Indeed, lobotomy wasn't the only barbarous mental health procedure of the era:
In the early 20th century, the number of patients residing in mental hospitals increased significantly[n 2] while little in the way of effective medical treatment was available.[n 3][9] Lobotomy was one of a series of radical and invasive physical therapies developed in Europe at this time which signaled a break with a psychiatric culture of therapeutic nihilism that had prevailed since the late nineteenth-century.[10] The new "heroic" physical therapies devised during this experimental era,[11] including malarial therapy for general paresis of the insane (1917),[12]deep sleep therapy (1920), insulin shock therapy (1933),cardiazol shock therapy (1934), and electroconvulsive therapy (1938),[13] helped to imbue the then therapeutically moribund and demoralised psychiatric profession with a renewed sense of optimism in the curability of insanity and the potency of their craft.[14] The success of the shock therapies, despite the considerable risk they posed to patients, also helped to accommodate psychiatrists to ever more drastic forms of medical intervention, including lobotomy.[11]

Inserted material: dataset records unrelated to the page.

-- ===== src/Proxy/WebSocket.antt =====
-- crates/tailsvc-proxy/src/proxy.rs: the upgrade of a WebSocket connection up to its answer. What the
-- network yields is an argument; the bytes of the tunnel are left out.
pub mod Tunnel
use tailroute.Base.{
  Result, ok, err, Timed, finished, elapsed, Bool, true, false, not, Option, none, some, List, [],
  ◌∷◌, unwrap_or, nat_eq, if◌then◌else◌,
}
use tailroute.Base.Text.{Text, text}
use tailroute.Base.Keys.{list_key, nat_key}
use tailroute.Base.Table.{get}
use tailroute.Common.Backend.{authority}
use tailroute.Proxy.Routes.{BackendRoute}
use tailroute.Proxy.Handle.{
  HeaderMap, Request, BackendRequest, Response, text_response, inject_forwarded_headers,
}

-- The network, and what `hyper` accepts: socket addresses in text, name lookup, a TCP connection, the
-- builders of a request and of a response, and the exchange with the backend.
pub record Network : Type 0 where
  pub parse_socket : Text → Option Text
  pub lookup_host : Text → Result (List Text) Text
  pub connect : Text → Timed Unit Text
  pub builds_request : BackendRequest → Bool
  pub handshake : Result Unit Text
  pub send_request : BackendRequest → Result Response Text
  pub builds_response : HeaderMap → Bool

abbrev pub first_address : Result (List Text) Text → Result Text Text
first_address (err e) = err e
first_address (ok []) = err (text "no address")
first_address (ok (a ∷ more)) = ok a

unfoldable pub resolve_authority : Network → Text → Result Text Text
resolve_authority net authority = elim (net.parse_socket authority) [
  | some a ↦ ok a
  | none ↦ first_address (net.lookup_host authority)
]

-- The answer to the client, and whether the tunnel's task is started.
abbrev pub Outcome : Type 0
Outcome = Response × Bool

abbrev pub unavailable : Outcome
unavailable = (text_response 502 (text "backend unavailable"), false)

abbrev pub timed_out : Outcome
timed_out = (text_response 504 (text "backend timeout"), false)

module _ (net : Network) where
  -- `text_response` stands in for headers that make no response.
  unfoldable pub switch_protocols : HeaderMap → Response
  switch_protocols headers =
      if net.builds_response headers
      then record { status = 101; headers = headers; body = [] }
      else text_response 502 (text "backend unavailable")

  unfoldable pub answer_upgrade : Result Response Text → Outcome
  unfolding switch_protocols
  answer_upgrade (err e) = unavailable
  answer_upgrade (ok resp) =
      if not (nat_eq resp.status 101) then unavailable else (switch_protocols resp.headers, true)

  unfoldable pub exchange : BackendRequest → Result Unit Text → Outcome
  unfolding answer_upgrade
  exchange req (err e) = unavailable
  exchange req (ok _) = answer_upgrade (net.send_request req)

  unfoldable pub forward_upgrade : BackendRequest → Timed Unit Text → Outcome
  unfolding exchange
  forward_upgrade req elapsed = timed_out
  forward_upgrade req (finished (err e)) = unavailable
  forward_upgrade req (finished (ok _)) =
      if net.builds_request req
      then exchange req net.handshake
      else (text_response 400 (text "bad request"), false)

  unfoldable pub connect_backend : BackendRequest → Result Text Text → Outcome
  unfolding forward_upgrade
  connect_backend req (err e) = unavailable
  connect_backend req (ok address) = forward_upgrade req (net.connect address)

  -- The request to the backend: the path as it came, the headers with those of the proxy.
  abbrev pub upgrade_request : Text → Request → BackendRequest
  upgrade_request peer_ip req = record {
    uri = unwrap_or req.path_and_query (text "/");
    headers = inject_forwarded_headers req.headers peer_ip (get (text "host") req.headers);
  }

  unfoldable pub proxy_websocket : BackendRoute → Text → Request → Outcome
  unfolding connect_backend resolve_authority
  proxy_websocket route peer_ip req =
      connect_backend (upgrade_request peer_ip req)
        (resolve_authority net (authority route.backend))
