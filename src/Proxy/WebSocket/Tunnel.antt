-- ===== src/Proxy/WebSocket/Tunnel.antt =====
-- When the proxy opens a tunnel for a WebSocket connection.
use tailroute.Base.{
  ◌⊎◌, Option-cases, none, some, List, ◌∷◌, [], if◌then◌else◌, ◌≡◌, ◌↔◌, refl, ap, sym, ◌∙◌, inl,
  inr, Result, ok, err, Timed, finished, elapsed, true, Bool-cases, nat_eq, nat_eq_iff,
}
use tailroute.Base.Text.{Text, text}
use tailroute.Common.Backend.{authority}
use tailroute.Proxy.Routes.{BackendRoute}
use tailroute.Proxy.Handle.{Request, BackendRequest, Response, HeaderMap, text_response}
use tailroute.Proxy.WebSocket.{
  Network, first_address, resolve_authority, switch_protocols, answer_upgrade, exchange,
  forward_upgrade, connect_backend, upgrade_request, proxy_websocket,
}

module _ (net : Network) where
  -- The backend's authority stands for this address: it is one in text, or the first that the name
  -- lookup yields.
  abbrev pub IsAddressOf : Text → Text → Type 0
  IsAddressOf host address =
      (net.parse_socket host ≡ some address)
      ⊎ ((net.parse_socket host ≡ none)
          × (more : List Text) × (net.lookup_host host ≡ ok (address ∷ more)))

  resolve_authority_iff :
      (host address : Text) → (resolve_authority net host ≡ ok address) ↔ IsAddressOf host address
  unfolding resolve_authority
  resolve_authority_iff host address = (
    elim (Option-cases (net.parse_socket host)) [
      | inl name ↦
          rw (name, resolve_authority)
            (λ e. let (more, found) = looked_up (net.lookup_host host) e in inr (refl, more, found))
      | inr (a, socket) ↦ rw (socket, resolve_authority) (λ e. inl (cc))
    ],
    λ found. elim found [
      | inl socket ↦ rw (socket, resolve_authority) refl
      | inr (name, more, found) ↦ rw (name, found, resolve_authority) refl
    ],
  )
    where
      looked_up :
          (r : Result (List Text) Text)
          → first_address r ≡ ok address
          → (more : List Text) × (r ≡ ok (address ∷ more))
      looked_up (err e) h = absurd (cc)
      looked_up (ok []) h = absurd (cc)
      looked_up (ok (a ∷ more)) h = (more, cc)

  -- The backend was reached and has agreed to switch protocols.
  pub record Switched (req : BackendRequest) (host : Text) : Type 0 where
    pub address : Text
    pub response : Response
    pub found : IsAddressOf host address
    pub connected : net.connect address ≡ finished (ok tt)
    pub built : net.builds_request req ≡ true
    pub shaken : net.handshake ≡ ok tt
    pub replied : net.send_request req ≡ ok response
    pub agreed : response.status ≡ 101

  answer_upgrade-opened :
      (r : Result Response Text)
      → (answer_upgrade net r).1 ≡ true
      → (resp : Response) × (r ≡ ok resp) × (resp.status ≡ 101)
  unfolding answer_upgrade
  answer_upgrade-opened (err e) h = cc
  answer_upgrade-opened (ok resp) h = elim (Bool-cases (nat_eq resp.status 101)) [
    | inl same ↦ (resp, refl, (nat_eq_iff resp.status 101).0 same)
    | inr other ↦ let bad = rw other at h in absurd (cc)
  ]

  exchange-opened :
      (req : BackendRequest) (r : Result Unit Text)
      → (exchange net req r).1 ≡ true
      → (r ≡ ok tt) × ((answer_upgrade net (net.send_request req)).1 ≡ true)
  unfolding exchange
  exchange-opened req (err e) h = cc
  exchange-opened req (ok u) h = (refl, h)

  forward_upgrade-opened :
      (req : BackendRequest) (t : Timed Unit Text)
      → (forward_upgrade net req t).1 ≡ true
      → (t ≡ finished (ok tt))
        × (net.builds_request req ≡ true)
        × ((exchange net req net.handshake).1 ≡ true)
  unfolding forward_upgrade
  forward_upgrade-opened req elapsed h = cc
  forward_upgrade-opened req (finished (err e)) h = cc
  forward_upgrade-opened req (finished (ok u)) h = elim (Bool-cases (net.builds_request req)) [
    | inl built ↦ (refl, built, rw built at h)
    | inr not_built ↦ let bad = rw not_built at h in absurd (cc)
  ]

  connect_backend-opened :
      (req : BackendRequest) (r : Result Text Text)
      → (connect_backend net req r).1 ≡ true
      → (address : Text) × (r ≡ ok address)
        × ((forward_upgrade net req (net.connect address)).1 ≡ true)
  unfolding connect_backend
  connect_backend-opened req (err e) h = cc
  connect_backend-opened req (ok address) h = (address, refl, h)

  opened-Switched :
      (req : BackendRequest) (host : Text)
      → (connect_backend net req (resolve_authority net host)).1 ≡ true
      → Switched req host
  opened-Switched req host h =
      let (address, found, h1) = connect_backend-opened req (resolve_authority net host) h in
      let (connected, built, h2) = forward_upgrade-opened req (net.connect address) h1 in
      let (shaken, h3) = exchange-opened req net.handshake h2 in
      let (resp, replied, agreed) = answer_upgrade-opened (net.send_request req) h3 in
      record {
        address = address;
        response = resp;
        found = (resolve_authority_iff host address).0 found;
        connected = connected;
        built = built;
        shaken = shaken;
        replied = replied;
        agreed = agreed;
      }

  -- Status 101 with the backend's headers, or 502 if they make no response.
  abbrev pub passed_on : HeaderMap → Response
  passed_on headers =
      if net.builds_response headers
      then record { status = 101; headers = headers; body = [] }
      else text_response 502 (text "backend unavailable")

  Switched-opened :
      (req : BackendRequest) (host : Text) (s : Switched req host)
      → connect_backend net req (resolve_authority net host) ≡ (passed_on s.response.headers, true)
  unfolding connect_backend forward_upgrade exchange answer_upgrade switch_protocols
  Switched-opened req host s =
      let found = (resolve_authority_iff host s.address).1 s.found in
      rw (found, s.connected, s.built, s.shaken, s.replied, s.agreed) refl

  -- The proxy answers a WebSocket request with `response` and starts a tunnel exactly when the
  -- backend's authority is a socket address or a name that the lookup has addresses for, the
  -- connection to it, or to the first of them, is made before the timeout, the request to it is
  -- built, the handshake succeeds, the backend answers with status 101, and `response` has status 101
  -- and that answer's headers, or is a 502 if no response can be built of these.
  pub proxy_websocket_tunnel :
      (route : BackendRoute) (peer_ip : Text) (req : Request) (response : Response)
      → (proxy_websocket net route peer_ip req ≡ (response, true)) ↔ (
          (s : Switched (upgrade_request net peer_ip req) (authority route.backend)) × (response
            ≡ passed_on s.response.headers))
  unfolding proxy_websocket
  proxy_websocket_tunnel route peer_ip req response =
      let backend_req = upgrade_request net peer_ip req in
      let name = authority route.backend in
      (
        λ e.
            let s = opened-Switched backend_req name (ap (λ o. o.1) e) in
            (s, ap (λ o. o.0) (sym e ∙ Switched-opened backend_req name s)),
        λ (s, e). Switched-opened backend_req name s ∙ ap (λ r. (r, true)) (sym e),
      )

The clinician-historian Joel Braslow argues that from malarial therapy onward to lobotomy, physical psychiatric therapies "spiral closer and closer to the interior of the brain" with this organ increasingly taking "center stage as a source of disease and site of cure."[15] For Roy Porter, once "the doyen" of medical history,[16] the often violent and invasive psychiatric interventions developed during the 1930s and 1940s are indicative of both the well-intentioned desire of psychiatrists to find some medical means of alleviating the suffering of the vast number of patients then in psychiatric hospitals and also the relative lack of social power of those same patients to resist the increasingly radical and even reckless interventions of asylum doctors.[17] From the perspective of the present, lobotomy has become a disparaged procedure, a byword for medical barbarism and an exemplary instance of the medical trampling of patients' rights.[18] This viewpoint is to ignore, however, the belief shared by many doctors, patients and family members of the period that, despite potentially catastrophic consequences, the results of lobotomy were seemingly positive in many instances or, at least, they were deemed as such when measured next to the apparent alternative of long-term institutionalisation. Lobotomy, if always controversial, was also for a time part of the medical mainstream, even feted, and regarded as a legitimate if desperate remedy for categories of patients who were otherwise regarded as hopeless.
So, while the "forgotten soldiers" story is awful, it's not outrageous. It's simply a reflection of a much different, if nonetheless quite recent, time.